I've placed a hold with my local library to check it out. Until I have a chance to read it, that appears to be an argument against attempting to diagnose an individual without significant psychiatric observation, which is a noble goal. But assuming the citation of the book in the article is correct, then there appears to be a link between psychopathy and being a CEO. Is your contention that this finding is incorrect or that we need to be careful in how we interpret the finding?


It is possible that there is some connection between being a psychopath and being a CEO, but I have no good evidence of it, and it is also possible that being CEO of a large company increases anti-social behavior patterns (as a lot of people are out to get you). The interesting question is whether psychopaths are more likely to become CEOs. Your second link didn't seem to appreciate the main message that Ronson described in his book; they just made passing mention of it.


Great leaders cause their staff to grow personally and professionally; they do this by finding out what keeps the staff from becoming all they can be, and removing those barriers. This causes companies and the industry at large to grow.

E.G. We used to have a general manager at where I worked some 30 years ago who handled a time theft case this way; he brought the guy into his office with a manager, laid down the time theft amount and days time theft occurred and gave the guy two options. Walk out the door, or work and pay it back; if you choose to be dishonest we have no use for you, leave. If you choose to be honest, pay it back, show me you can be a moral person, we're even. That person chose to pay it back, and they stayed with that company some 20 additional years.

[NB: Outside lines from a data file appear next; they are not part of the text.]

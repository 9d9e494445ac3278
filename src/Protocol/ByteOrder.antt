-- ===== src/Protocol/ByteOrder.antt =====
-- include/liteim/protocol/ByteOrder.hpp. `static_cast<Byte>(x & 0xFF)` is `x % 256`, and a shift of a
-- w-bit word to the left is taken modulo 2 ^ w.
pub mod Values
pub mod Laws
pub mod RoundTrip
use Prim.Native.Nat.{bit_or}
use lite_im.Prelude.{ℕ, zero, suc, ◌+◌, ◌*◌, ◌/◌, ◌%◌, ◌^◌, List, [], ◌∷◌, ◌++◌, get_or}
use lite_im.Protocol.Bytes.{Bytes, push_back}

abbrev shr : ℕ → ℕ → ℕ
shr x k = x / 2 ^ k

-- `x << k` on a word of `w` bits.
abbrev shl : ℕ → ℕ → ℕ → ℕ
shl w x k = x * 2 ^ k % 2 ^ w

abbrev low_byte : ℕ → ℕ
low_byte x = x % 256

unfoldable pub append_uint16_be : Bytes → ℕ → Bytes
append_uint16_be output value =
    push_back (push_back output (low_byte (shr value 8))) (low_byte value)

unfoldable pub append_uint32_be : Bytes → ℕ → Bytes
append_uint32_be output value =
    push_back
      (push_back (push_back (push_back output (low_byte (shr value 24))) (low_byte (shr value 16)))
        (low_byte (shr value 8)))
      (low_byte value)

-- `for (shift = 56; shift >= 0; shift -= 8)`: with `suc n` rounds left the shift is 8 * n.
append_uint64_loop : ℕ → Bytes → ℕ → Bytes
append_uint64_loop zero output value = output
append_uint64_loop (suc n) output value =
    append_uint64_loop n (push_back output (low_byte (shr value (8 * n)))) value

unfoldable pub append_uint64_be : Bytes → ℕ → Bytes
unfolding append_uint64_loop
append_uint64_be output value = append_uint64_loop 8 output value

-- The readers index from `data`; every caller has checked that the bytes are there, and a byte that
-- is not reads as 0 here.
abbrev at : Bytes → ℕ → ℕ
at data' i = get_or data' i 0

unfoldable pub read_uint16_be : Bytes → ℕ
read_uint16_be data' = bit_or (shl 32 (at data' 0) 8) (at data' 1) % 2 ^ 16

unfoldable pub read_uint32_be : Bytes → ℕ
read_uint32_be data' =
    bit_or
      (bit_or (bit_or (shl 32 (at data' 0) 24) (shl 32 (at data' 1) 16)) (shl 32 (at data' 2) 8))
      (at data' 3)

-- `for (index = 0; index < 8; ++index)`, with `n` rounds left.
read_uint64_loop : ℕ → ℕ → Bytes → ℕ → ℕ
read_uint64_loop zero index data' value = value
read_uint64_loop (suc n) index data' value =
    read_uint64_loop n (index + 1) data' (bit_or (shl 64 value 8) (at data' index))

unfoldable pub read_uint64_be : Bytes → ℕ
unfolding read_uint64_loop
read_uint64_be data' = read_uint64_loop 8 0 data' 0
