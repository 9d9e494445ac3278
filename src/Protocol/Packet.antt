-- ===== src/Protocol/Packet.antt =====
-- include/liteim/protocol/Packet.hpp and src/protocol/Packet.cpp. A field holds a number of the width
-- that PacketHeader declares; `msg_type` holds the value of the enumerator, since a cast from the wire
-- can give any 16-bit value.
pub mod Header
pub mod RoundTrip
use lite_im.Prelude.{
  ℕ, ◌+◌, ◌*◌, ◌%◌, ◌^◌, Bool, not, List, [], ◌∷◌, ◌++◌, length, take, drop, get_or, ltb, ◌==◌,
  if◌then◌else◌,
}
use lite_im.Status.{
  Status, success, error, invalid_argument, parse_error, is_ok, Result, ok, err, check,
}
use lite_im.Protocol.Bytes.{Bytes, Span, null, bytes, push_back}
use lite_im.Protocol.ByteOrder.{
  append_uint16_be, append_uint32_be, append_uint64_be, read_uint16_be, read_uint32_be,
  read_uint64_be,
}

abbrev pub packet_magic : ℕ
packet_magic = 0x4C494D31

abbrev pub packet_version : ℕ
packet_version = 1

abbrev pub packet_flags_none : ℕ
packet_flags_none = 0

abbrev pub packet_header_size : ℕ
packet_header_size = 20

abbrev pub max_packet_body_length : ℕ
max_packet_body_length = 1024 * 1024

pub record PacketHeader : Type 0 where
  pub magic : ℕ
  pub version : ℕ
  pub flags : ℕ
  pub msg_type : ℕ
  pub seq_id : ℕ
  pub body_len : ℕ

pub record Packet : Type 0 where
  pub header : PacketHeader
  pub body : Bytes

-- The member initialisers of PacketHeader.
abbrev pub default_header : PacketHeader
default_header = record {
  magic = packet_magic;
  version = packet_version;
  flags = packet_flags_none;
  msg_type = 0;
  seq_id = 0;
  body_len = 0;
}

unfoldable pub validate_header : PacketHeader → Status
validate_header header =
    if not (header.magic == packet_magic)
    then error parse_error "invalid packet magic"
    else if not (header.version == packet_version)
    then error parse_error "unsupported packet version"
    else if not (header.flags == packet_flags_none)
    then error parse_error "unsupported packet flags"
    else if ltb max_packet_body_length header.body_len
    then error parse_error "packet body is too large"
    else success

-- The 20 bytes that `encodePacket` puts in front of the body, appended to an output.
unfoldable pub append_header : Bytes → PacketHeader → Bytes
append_header output header =
    append_uint32_be
      (append_uint64_be
        (append_uint16_be
          (push_back (push_back (append_uint32_be output header.magic) header.version) header.flags)
          header.msg_type)
        header.seq_id)
      header.body_len

-- The output that the caller is left with, and the status: `output.clear()` comes first.
unfoldable pub encode_packet : Packet → Bytes × Status
encode_packet packet =
    if ltb max_packet_body_length (length packet.body)
    then ([], error invalid_argument "packet body is too large")
    else let header : PacketHeader = record (packet.header) {
      body_len = length packet.body % 2 ^ 32;
    } in
      let status : Status = validate_header header in
      if not (is_ok status) then ([], status) else (append_header [] header ++ packet.body, success)

-- The fields of a header, read at their offsets.
unfoldable pub read_header : Bytes → PacketHeader
read_header data' = record {
  magic = read_uint32_be data';
  version = get_or data' 4 0;
  flags = get_or data' 5 0;
  msg_type = read_uint16_be (drop 6 data');
  seq_id = read_uint64_be (drop 8 data');
  body_len = read_uint32_be (drop 16 data');
}

unfoldable pub parse_header : Span → Result PacketHeader
parse_header (null len) = err (error invalid_argument "packet header data is null")
parse_header (bytes data') =
    if ltb (length data') packet_header_size
    then err (error parse_error "packet header is incomplete")
    else let header : PacketHeader = read_header data' in check (validate_header header) header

Any other quality is secondary. You don't have to know a library of algorithms or what the latest and greatest API is to be a great leader or even a competent programmer. Those things are distractions from understanding the fundamental theories and best practices of computer science anyway, and a lot of it is technological imperialism delivered through marketing to management already very aware technology needs to be inhibited for them to stay employed.

Another very large organization I worked for had a standard software they had deployed all over the organization, and one department, a lab, had a bar-coding requirement for data entry to eliminate very costly problems that traced back to the lab. It wasn't my department's job to build infrastructure for them, and they had budgetary constraints that kept them from updating. I suggested they ask the staff to change the font of the text to a bar-code font which is something after doing 5 minutes of google research, I discovered the app allowed. I closed out the ticket and referenced that as a suggestion, and gave them the ticket to reference later. Lo and behold, 2 months later, they get a estimate for $50,000. This organization is one of the biggest employers in the US, and routinely mergers with another company about once every other year. There is no leadership in their organization, and we all suffer for it.


How is that his job? Stop being a silicon valley hippie for a second and think about how realistic that is.